As more and more businesses embrace digital solutions to promote productivity and mobility, data security is a growing concern. News of major data breaches are unfortunately all too common today, and making sure your business has the right protocols and protections in place will help protect your sensitive customer information and valuable business data from being compromised.

Here are five best practices that can help protect your company’s data and keep your customer’s information secure.

1. Protect Against Malware

Malware opens the door to hackers, and installing and using anti-malware solutions on all devices that have access to sensitive information is your first line of defense for protecting your data. Anti-malware software should be installed on all devices that access your company’s data, including personal mobile devices used for work.

2. Limit Access to Sensitive Data

Establish a data hierarchy within your company, and limit data access only to those who require it. By limiting access to sensitive data, you are reducing your risk, and in the event of a data breach, you may be able to quickly identify a potential source based on the level of access.
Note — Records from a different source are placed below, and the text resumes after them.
-- ===== src/Peers/Config.antt =====
-- src/server/wireguard.ts, lines 4 to 50, and src/server/peer-service.ts, lines 154 to 184: the text of
-- a client's configuration. The decryption is an argument, and so is the row that the query finds.
use wireguard_panel.Base.{
  ℕ, Bool, false, not, ◌&&◌, List, [], ◌∷◌, ◌++◌, Option, none, some, Result, ok, err, ◌==◌,
  if◌then◌else◌, any,
}
use wireguard_panel.Base.Text.{Text, codes, join}
use wireguard_panel.Base.Decimal.{nonempty, decimal}
use wireguard_panel.Peers.Input.{text_or}

pub record WireGuardConfigInput : Type 0 where
  pub private_key : Text
  pub client_ip : Text
  pub dns : Text
  pub server_public_key : Text
  pub preshared_key : Option Text
  pub allowed_ips : Text
  pub endpoint_host : Text
  pub endpoint_port : ℕ
  pub persistent_keepalive : ℕ
  pub mtu : Option ℕ

-- `text.includes(c)` and `text.startsWith("[")`.
abbrev pub includes : ℕ → Text → Bool
includes c text = any (λ d. d == c) text

abbrev pub starts_with_bracket : Text → Bool
starts_with_bracket [] = false
starts_with_bracket (c ∷ text) = c == b'['

unfoldable pub bracketed_host : Text → Text
bracketed_host host =
    if includes b':' host && not (starts_with_bracket host)
    then codes "[" ++ host ++ codes "]"
    else host

abbrev pub with_prefix : Text → Text
with_prefix client_ip = if includes b'/' client_ip then client_ip else client_ip ++ codes "/32"

-- `if (input.mtu) lines.push(…)` and `if (input.presharedKey) lines.push(…)`.
abbrev pub mtu_line : Option ℕ → List Text
mtu_line none = []
mtu_line (some mtu) = if mtu == 0 then [] else (codes "MTU = " ++ decimal mtu) ∷ []

abbrev pub preshared_key_line : Option Text → List Text
preshared_key_line none = []
preshared_key_line (some key) = if nonempty key then (codes "PresharedKey = " ++ key) ∷ [] else []

unfoldable pub config_lines : WireGuardConfigInput → List Text
unfolding bracketed_host
config_lines input =
    codes "[Interface]"
    ∷ (codes "PrivateKey = " ++ input.private_key)
    ∷ (codes "Address = " ++ with_prefix input.client_ip)
    ∷ (codes "DNS = " ++ input.dns)
    ∷ (mtu_line input.mtu
        ++ []
          ∷ codes "[Peer]"
          ∷ (codes "PublicKey = " ++ input.server_public_key)
          ∷ (preshared_key_line input.preshared_key
              ++ (codes "AllowedIPs = " ++ input.allowed_ips)
                ∷ (codes "Endpoint = "
                    ++ bracketed_host input.endpoint_host
                    ++ codes ":"
                    ++ decimal input.endpoint_port)
                ∷ (codes "PersistentKeepalive = " ++ decimal input.persistent_keepalive)
                ∷ []
                ∷ []))

unfoldable pub generate_client_config : WireGuardConfigInput → Text
unfolding config_lines
generate_client_config input = join (codes "\n") (config_lines input)

-- The row of the join of `peers`, `wireguard_interfaces` and `routers`.
pub record ConfigRow : Type 0 where
  pub name : Text
  pub private_key_encrypted : Option Text
  pub preshared_key_encrypted : Option Text
  pub client_ip : Option Text
  pub dns_server : Text
  pub client_allowed_ips : Text
  pub persistent_keepalive : ℕ
  pub mtu : ℕ
  pub endpoint_override : Option Text
  pub endpoint_port_override : Option ℕ
  pub interface_public_key : Text
  pub listen_port : ℕ
  pub endpoint_hostname : Option Text
  pub endpoint_ip : Option Text
  pub management_ip : Text

pub data ConfigError : Type 0 where
  config_peer_not_found no_private_key : ConfigError

-- `a || b` on a port.
abbrev pub port_or : Option ℕ → ℕ → ℕ
port_or none fallback = fallback
port_or (some port) fallback = if port == 0 then fallback else port

abbrev pub decrypted : (Text → Text) → Option Text → Option Text
decrypted decrypt_secret none = none
decrypted decrypt_secret (some secret) =
    if nonempty secret then some (decrypt_secret secret) else none

abbrev pub config_input : (Text → Text) → ConfigRow → Text → Text → WireGuardConfigInput
config_input decrypt_secret peer key client_ip = record {
  private_key = decrypt_secret key;
  client_ip = client_ip;
  dns = peer.dns_server;
  server_public_key = peer.interface_public_key;
  preshared_key = decrypted decrypt_secret peer.preshared_key_encrypted;
  allowed_ips = peer.client_allowed_ips;
  endpoint_host =
      text_or peer.endpoint_override
        (text_or peer.endpoint_hostname (text_or peer.endpoint_ip peer.management_ip));
  endpoint_port = port_or peer.endpoint_port_override peer.listen_port;
  persistent_keepalive = peer.persistent_keepalive;
  mtu = some peer.mtu;
}

unfoldable pub config_of :
    (Text → Text) → ConfigRow → Option Text → Option Text → Result ConfigError (Text × Text)
unfolding generate_client_config
config_of decrypt_secret peer (some key) (some client_ip) =
    if nonempty key && nonempty client_ip
    then ok (peer.name, generate_client_config (config_input decrypt_secret peer key client_ip))
    else err no_private_key
config_of decrypt_secret peer _ _ = err no_private_key

unfoldable pub get_peer_config : (Text → Text) → Option ConfigRow → Result ConfigError (Text × Text)
unfolding config_of
get_peer_config decrypt_secret none = err config_peer_not_found
get_peer_config decrypt_secret (some peer) =
    config_of decrypt_secret peer peer.private_key_encrypted peer.client_ip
3. Protect and Update Passwords

Millions of passwords are stolen and published or sold every year, and if you or your employees are using the same password for several accounts or your passwords are not strong enough, your company’s data may be at risk. Require that passwords be changed on a regular basis, and require strong passwords that cannot be cracked easily. While this is an inconvenience, it is a much smaller inconvenience than a data breach. Do not encourage the use of shared passwords or logins.

4. Backup Your Data

Most small businesses do not routinely back up their data, and those that do are much better positioned to recover from a breach or loss of data. Secure, cloud-based systems offer off-site automated backups that can help a business recover quickly after a local security breach, reducing downtime and protecting your data at the same time.

5. Educate Your Employees

Even with the most sophisticated security measures in place, your employees’ activities present the greatest risk to your business’s data security. Opening email attachments, clicking harmful links, unknowingly downloading malware, and visiting harmful websites can all put your business’s data at risk. Establishing and enforcing data security policies can reduce some risk.

It’s imperative that your employees understand and follow your company’s security polices to reduce your risk. But, more importantly, your employees must report potential security breaches immediately, enabling you to act fast to protect your data.

With the growing number of threats and attacks on small businesses, along with the growing reliance on technology, the security of your company’s data should be a top priority. Being prepared is your first line of defense – and companies that take measures to secure their data, maintain backups, and educate employees about ways to protect that data are in a better position to prevent or recover from a breach, ultimately protecting your business.